### [Data records]
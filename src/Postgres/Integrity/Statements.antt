-- ===== src/Postgres/Integrity/Statements.antt =====
-- What statements, and several of them in a row or in a transaction, leave of the references.
use ai_agent_boilerplate.Prelude.{◌≡◌, refl, Bool, true, false, if◌then◌else◌}
use ai_agent_boilerplate.Text.{Text}
use ai_agent_boilerplate.Postgres.Tables.{Tables}
use ai_agent_boilerplate.Postgres.Server.{
  Answer, answered, refused, lost, Database, Statement, settle, execute, finish, begun, transaction,
  next_answer,
}
use ai_agent_boilerplate.Exec.{Result, ok, err, continue, ◌>>◌}
use ai_agent_boilerplate.Ports.{Port, PortError}
use ai_agent_boilerplate.Postgres.Integrity.{IsIntact}

-- What a statement that is carried out writes.
abbrev pub Leaves : {A : Type 0} → Result Text (A × Tables) → Type 0
Leaves (ok r) = IsIntact r.1
Leaves (err m) = Unit

abbrev pub Keeps : {A : Type 0} → Port Database A → Type 0
Keeps m = (db : Database) → IsIntact db.tables → IsIntact (m db).1.tables

module _ {A : Type 0} where
  pub refused_if :
      (b : Bool) (m : Text) (r : Result Text (A × Tables))
      → Leaves r
      → Leaves (if b then err m else r)
  refused_if true m r h = tt
  refused_if false m r h = h

  pub refused_unless :
      (b : Bool) (m : Text) (r : Result Text (A × Tables))
      → (b ≡ true → Leaves r)
      → Leaves (if b then r else err m)
  refused_unless true m r h = h refl
  refused_unless false m r h = tt

  settle-IsIntact :
      (w : Answer) (t : Tables) (r : Result Text (A × Tables))
      → IsIntact t
      → Leaves r
      → IsIntact (settle w t r).1
  settle-IsIntact answered t (ok r) v h = h
  settle-IsIntact answered t (err m) v h = v
  settle-IsIntact (refused m) t r v h = v
  settle-IsIntact (lost m) t (ok r) v h = h
  settle-IsIntact (lost m) t (err m') v h = v

  pub execute-Keeps :
      (st : Statement A) → ((t : Tables) → IsIntact t → Leaves (st t)) → Keeps (execute st)
  unfolding execute
  execute-Keeps st h db v =
      settle-IsIntact (next_answer db.answers) db.tables (st db.tables) v (h db.tables v)

  finish-IsIntact :
      (t : Tables) (r : Result PortError A) (db : Database)
      → IsIntact t
      → IsIntact db.tables
      → IsIntact (finish t r db).1.tables
  finish-IsIntact t (err e) db v w = v
  finish-IsIntact t (ok a) db v w =
      settle-IsIntact (next_answer db.answers) t (ok (a, db.tables)) v w

  begun-Keeps :
      (body : Port Database A) (r : Result PortError Unit) → Keeps body → Keeps (begun body r)
  begun-Keeps body (err e) h db v = v
  begun-Keeps body (ok u) h db v = finish-IsIntact db.tables (body db).0 (body db).1 v (h db v)

module _ {A : Type 0} where
  pub transaction-Keeps : (body : Port Database A) → Keeps body → Keeps (transaction body)
  unfolding transaction
  transaction-Keeps body h db v =
      let begin = λ (t : Tables). ok (tt, t) in
      begun-Keeps body (execute begin db).0 h (execute begin db).1
        (execute-Keeps begin (λ t w. w) db v)

module _ {A B : Type 0} where
  continue-Keeps :
      (r : Result PortError A) (f : A → Port Database B)
      → ((a : A) → Keeps (f a))
      → Keeps (continue r f)
  continue-Keeps (ok a) f h db v = h a db v
  continue-Keeps (err e) f h db v = v

  pub seq-Keeps : (m : Port Database A) (n : Port Database B) → Keeps m → Keeps n → Keeps (m >> n)
  seq-Keeps m n h k db v = continue-Keeps (m db).0 (λ _. n) (λ _. k) (m db).1 (h db v)
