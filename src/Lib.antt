-- ===== src/Lib.antt =====
-- XMLParser, a validating, namespace-aware XML parser with SAX and DOM interfaces (C++).
--
-- The library has one core, src/parser_core.cpp: the input is decoded as a whole to characters with
-- their places, and then a recursive descent parser reads these characters and calls the client (a
-- SaxHandler). The parser keeps a cursor, a count of expanded references, the stack of open elements
-- (plain names, resolved names, namespace scopes, and what validation needs of each), and what the
-- DOCTYPE declared.
--
-- Files, and what they model:
--   Prelude        numbers, lists, byte strings and bits, shared by all
--   Errors         include/xmlparser/errors.h, source_location.h: exceptions as values
--   Options, Sax   include/xmlparser/options.h, version.h, sax.h: what a caller sets and is told
--   Chars          the character classes and string helpers at the top of src/parser_core.cpp
--   Decode         decode_utf8, decode_utf16, decode_document and LocationTracker; Decode/Places counts
--                  lines and columns in the characters before a place
--   Parser/State   the members of class Parser; its methods are functions from the state to an outcome
--                  (a value with a new state, an exception, or no end)
--   Parser/Cursor, Tokens, References, Markup, Dtd, Doctype, Namespaces, Values, StartTag, Validation,
--   Content, Run   the methods of class Parser, in groups; each source method has a definition of its
--                  name, and its loops and the branches of long methods are definitions of their own
--   Parser/Events  the shape of the calls that the client gets
--   Parser/Progress  one lemma for each method on what it does to the state
--   Front          SaxParser (feed, finish) and CallbackHandler of src/xmlparser.cpp
--   Dom            the nodes of src/dom.cpp as a heap: append_child, remove_child, attributes, siblings
--   Dom/Append, Attributes, Memory, Tidy, Fresh  the heap after these operations
--   Dom/Links      the links between parents and children; Links/Write changes them, and Links/Keep,
--                  Links/Frees and Links/Moves are about append_child and remove_child
--   Dom/Document   documents: the nodes they store, the walk over them, and the move of a document;
--                  Document/Adopt, Own, Nodes, Move are about the new owner of the nodes
--   Dom/Builder    DomBuilder of src/xmlparser.cpp, and the parse that returns a document; its child
--                  modules follow the builder from one call to a whole document
--   Dom/Tree       the tree that a list of calls describes, as it lies in the heap; Tree/Walk visits it
--   Serializer     escaping and serialize_node of src/dom.cpp, which gives one piece for each `<<`;
--                  Stream writes them to a stream, Form, Joined and Prints have the text of tags and calls,
--                  Pieces and ReadBack give escaped text to the parser
--   Tests          runs on small inputs; Tests/Documents and Tests/Links have those with documents
--
-- How the model stands to the code. `document_` with `index_` is the list of the characters not read
-- yet, so a comparison of `index_` with the size is a match on that list. A std::vector used as a
-- stack is a list with its top in front; std::map is an association list, where only lookup is
-- observed. Strings are lists of bytes, char32_t and std::size_t are natural numbers; where the
-- source shifts, casts or could overflow 32 bits, `% 2 ^ w` is written out. The limits of the options
-- bound what the source counts in std::size_t. The calls of the client are recorded in order; a
-- client that throws cuts this list short. The caller's resolver of external identifiers is a
-- parameter.
--
-- Loops and fuel. A loop over the characters is recursion on the list, or on fuel of two units for
-- each character left and two more: each round takes a character at least, and an element costs a
-- round more than its characters. The nesting of entities has max_entity_expansions levels, as the
-- source refuses a greater depth.
--
-- The walk to the ancestors of a node and the recursions of the serializer, of depth_first and of
-- update_owner have as many units as the heap has nodes, which is as long as a path without a cycle
-- can be.
--
-- A document is the address of its node with the list of the nodes that it stores. A vector that was
-- moved from is empty, and memory that is freed stays in the heap.
--
-- Not modelled: SerializeOptions, which no code reads, and XmlValidityException, which no code
-- throws. The output stream is a parameter, with the effect of one `<<` on it and the test good().
-- The message of an exception is kept as text, without further properties. previous_location is left
-- out, as nothing calls it. The size of the C++ call stack is not part of the model.
pub mod Prelude
pub mod Errors
pub mod Options
pub mod Chars
pub mod Decode
pub mod Sax
pub mod Parser
pub mod Front
pub mod Dom
pub mod Serializer
mod Tests
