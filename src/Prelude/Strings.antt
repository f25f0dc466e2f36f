-- ===== src/Prelude/Strings.antt =====
-- `std::string` and `std::string_view` as lists of bytes: comparison, search, literals.
use Prim.Native.Nat.{ℕ, suc, ◌<◌}
use Prim.Native.Char.{code}
use Prim.Native.String.{String}
use mathlib.Core.Path.{◌≡◌}
use mathlib.Core.Logic.{◌↔◌}
use mathlib.Core.Bool.{Bool, true, false, ◌&&◌, ◌||◌}
use mathlib.Core.Option.{Option, none, some}
use mathlib.Core.Option
use mathlib.Core.List.{List, [], ◌∷◌}
use native.Mathlib.Omega.{arith}
use xmlparser.Prelude.Tests.{◌==◌, if◌then◌else◌}

abbrev pub Bytes : Type 0
Bytes = List ℕ

abbrev pub IsByte : ℕ → Type 0
IsByte b = b < 256

-- A literal of the source, by its code points (its bytes: every literal is ASCII).
abbrev pub codes : String → Bytes
codes String.[] = []
codes (String.◌∷◌ c s) = code c ∷ codes s

infix 50 ◌=s=◌
abbrev pub ◌=s=◌ : Bytes → Bytes → Bool
[] =s= [] = true
(x ∷ xs) =s= (y ∷ ys) = (x == y) && (xs =s= ys)
_ =s= _ = false

pub =s=_iff : (xs ys : Bytes) → ((xs =s= ys) ≡ true) ↔ (xs ≡ ys)
=s=_iff (x ∷ xs) (y ∷ ys) = ground (arith, =s=_iff xs ys)
=s=_iff _ _ = ground arith

-- Does `text` begin with `prefix`?  (`text.rfind(prefix, 0) == 0`, `compare(0, n, prefix) == 0`)
abbrev pub begins_with : Bytes → Bytes → Bool
begins_with [] text = true
begins_with (x ∷ xs) [] = false
begins_with (x ∷ xs) (y ∷ ys) = (x == y) && begins_with xs ys

-- `text.find(part) != npos`
abbrev pub contains : Bytes → Bytes → Bool
contains part [] = begins_with part []
contains part (y ∷ ys) = begins_with part (y ∷ ys) || contains part ys

-- `text.find(ch)`: the first position of the byte, `none` for `npos`
abbrev pub find_byte : ℕ → Bytes → Option ℕ
find_byte ch [] = none
find_byte ch (y ∷ ys) = if y == ch then some 0 else Option.map (λ n. suc n) (find_byte ch ys)
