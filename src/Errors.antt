-- ===== src/Errors.antt =====
-- include/xmlparser/errors.h and source_location.h: the exceptions of the library, and the
-- outcome of a computation that may throw one.
use xmlparser.Prelude.{ℕ, String, Bool, true, false, ◌≡◌, refl}

pub record SourceLocation : Type 0 where
  pub line : ℕ
  pub column : ℕ
  pub byte_offset : ℕ

-- `SourceLocation{}`
abbrev pub start_location : SourceLocation
start_location = record { line = 1; column = 1; byte_offset = 0 }

pub data ErrorKind : Type 0 where
  unsupported empty_input well_formedness validity encoding resource_limit io : ErrorKind

pub record XmlParseException : Type 0 where
  pub kind : ErrorKind
  pub location : SourceLocation
  pub message : String

abbrev pub exception : ErrorKind → SourceLocation → String → XmlParseException
exception k l m = record { kind = k; location = l; message = m }

-- `throws` is a C++ exception. `stuck` has no counterpart in the program: a loop used up its fuel,
-- or memory out of range was read.
pub data Result {ℓ} (A : Type ℓ) : Type ℓ where
  ok : A → Result A
  throws : XmlParseException → Result A
  stuck : Result A

module _ {ℓ} where
  abbrev pub throw_parse : {A : Type ℓ} → ErrorKind → SourceLocation → String → Result A
  throw_parse k l m = throws (exception k l m)

  infixl 5 ◌>>=◌ ◌>>◌
  abbrev pub ◌>>=◌ {κ} : {A : Type ℓ} {B : Type κ} → Result A → (A → Result B) → Result B
  ok a >>= f = f a
  throws e >>= f = throws e
  stuck >>= f = stuck

  abbrev pub ◌>>◌ : {B : Type ℓ} → Result (Unit {0}) → Result B → Result B
  ok _ >> k = k
  throws e >> k = throws e
  stuck >> k = stuck

  -- A value comes out, and `P` holds of it.
  abbrev pub Returns : {A : Type ℓ} → (A → Type 0) → Result A → Type 0
  Returns P (ok a) = P a
  Returns P _ = ⊥

-- `if (!test) throw_parse(kind, location, message);`
abbrev pub require : Bool → ErrorKind → SourceLocation → String → Result (Unit {0})
require true k l m = ok tt
require false k l m = throw_parse k l m

module _ {ℓ κ} {A : Type ℓ} {B : Type κ} where
  pub bind-eq-ok :
      (m : Result A) (f : A → Result B)
      → {b : B} → (m >>= f) ≡ ok b
      → (a : A) × (m ≡ ok a) × (f a ≡ ok b)
  bind-eq-ok stuck f h = cc
  bind-eq-ok (throws e) f h = cc
  bind-eq-ok (ok a) f h = (a, refl, h)

pub require-eq-ok :
    {B : Type 0} (t : Bool) (k : ErrorKind) (l : SourceLocation) (m : String) (r : Result B) {b : B}
    → (require t k l m >> r) ≡ ok b
    → (t ≡ true) × (r ≡ ok b)
require-eq-ok true k l m r h = (refl, h)
require-eq-ok false k l m r h = cc
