-- ===== src/Options.antt =====
-- include/xmlparser/options.h and version.h: what a caller configures.
use xmlparser.Prelude.{ℕ, ◌*◌, Bool, true, false, Option, none, Bytes}
use xmlparser.Errors.{Result}

pub data XmlVersion : Type 0 where
  xml10 xml11 : XmlVersion

pub data Encoding : Type 0 where
  auto utf8 utf16_le utf16_be : Encoding

pub data ValidationMode : Type 0 where
  off dtd : ValidationMode

pub data NamespaceMode : Type 0 where
  enabled disabled : NamespaceMode

-- `external_dtd_resolver` is the caller's code, `none` where it is not set. Of the caller's
-- `recoverable_error_handler` the parser sees only whether it is set: its calls are recorded.
pub record ParserOptions : Type 0 where
  pub version : XmlVersion
  pub encoding : Encoding
  pub validation : ValidationMode
  pub namespaces : NamespaceMode
  pub allow_external_dtd : Bool
  pub external_dtd_resolver : Option (Bytes → Result Bytes)
  pub recoverable_error_handler : Bool
  pub max_document_bytes : ℕ
  pub max_depth : ℕ
  pub max_token_bytes : ℕ
  pub max_attributes_per_element : ℕ
  pub max_entity_expansions : ℕ
  pub max_dom_nodes : ℕ
  pub max_dtd_declarations : ℕ
  pub max_entity_replacement_bytes : ℕ
  pub max_external_subset_bytes : ℕ

abbrev pub default_options : ParserOptions
default_options = record {
  version = xml10;
  encoding = auto;
  validation = off;
  namespaces = enabled;
  allow_external_dtd = false;
  external_dtd_resolver = none;
  recoverable_error_handler = false;
  max_document_bytes = 16 * 1024 * 1024;
  max_depth = 256;
  max_token_bytes = 1024 * 1024;
  max_attributes_per_element = 1024;
  max_entity_expansions = 100000;
  max_dom_nodes = 1000000;
  max_dtd_declarations = 4096;
  max_entity_replacement_bytes = 1024 * 1024;
  max_external_subset_bytes = 1024 * 1024;
}

abbrev pub is_dtd : ValidationMode → Bool
is_dtd dtd = true
is_dtd off = false

abbrev pub is_enabled : NamespaceMode → Bool
is_enabled enabled = true
is_enabled disabled = false

abbrev pub is_xml10 : XmlVersion → Bool
is_xml10 xml10 = true
is_xml10 xml11 = false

### [Work required]
Precisely the lines between those holding "find_byte ch (y" and "-- include/xmlparser/errors.h and", inclusive, are to be reproduced from the listing above, with nothing added.

### [Answer to this problem]
find_byte ch (y ∷ ys) = if y == ch then some 0 else Option.map (λ n. suc n) (find_byte ch ys)
filename src/Errors.antt
-- ===== src/Errors.antt =====
-- include/xmlparser/errors.h and source_location.h: the exceptions of the library, and the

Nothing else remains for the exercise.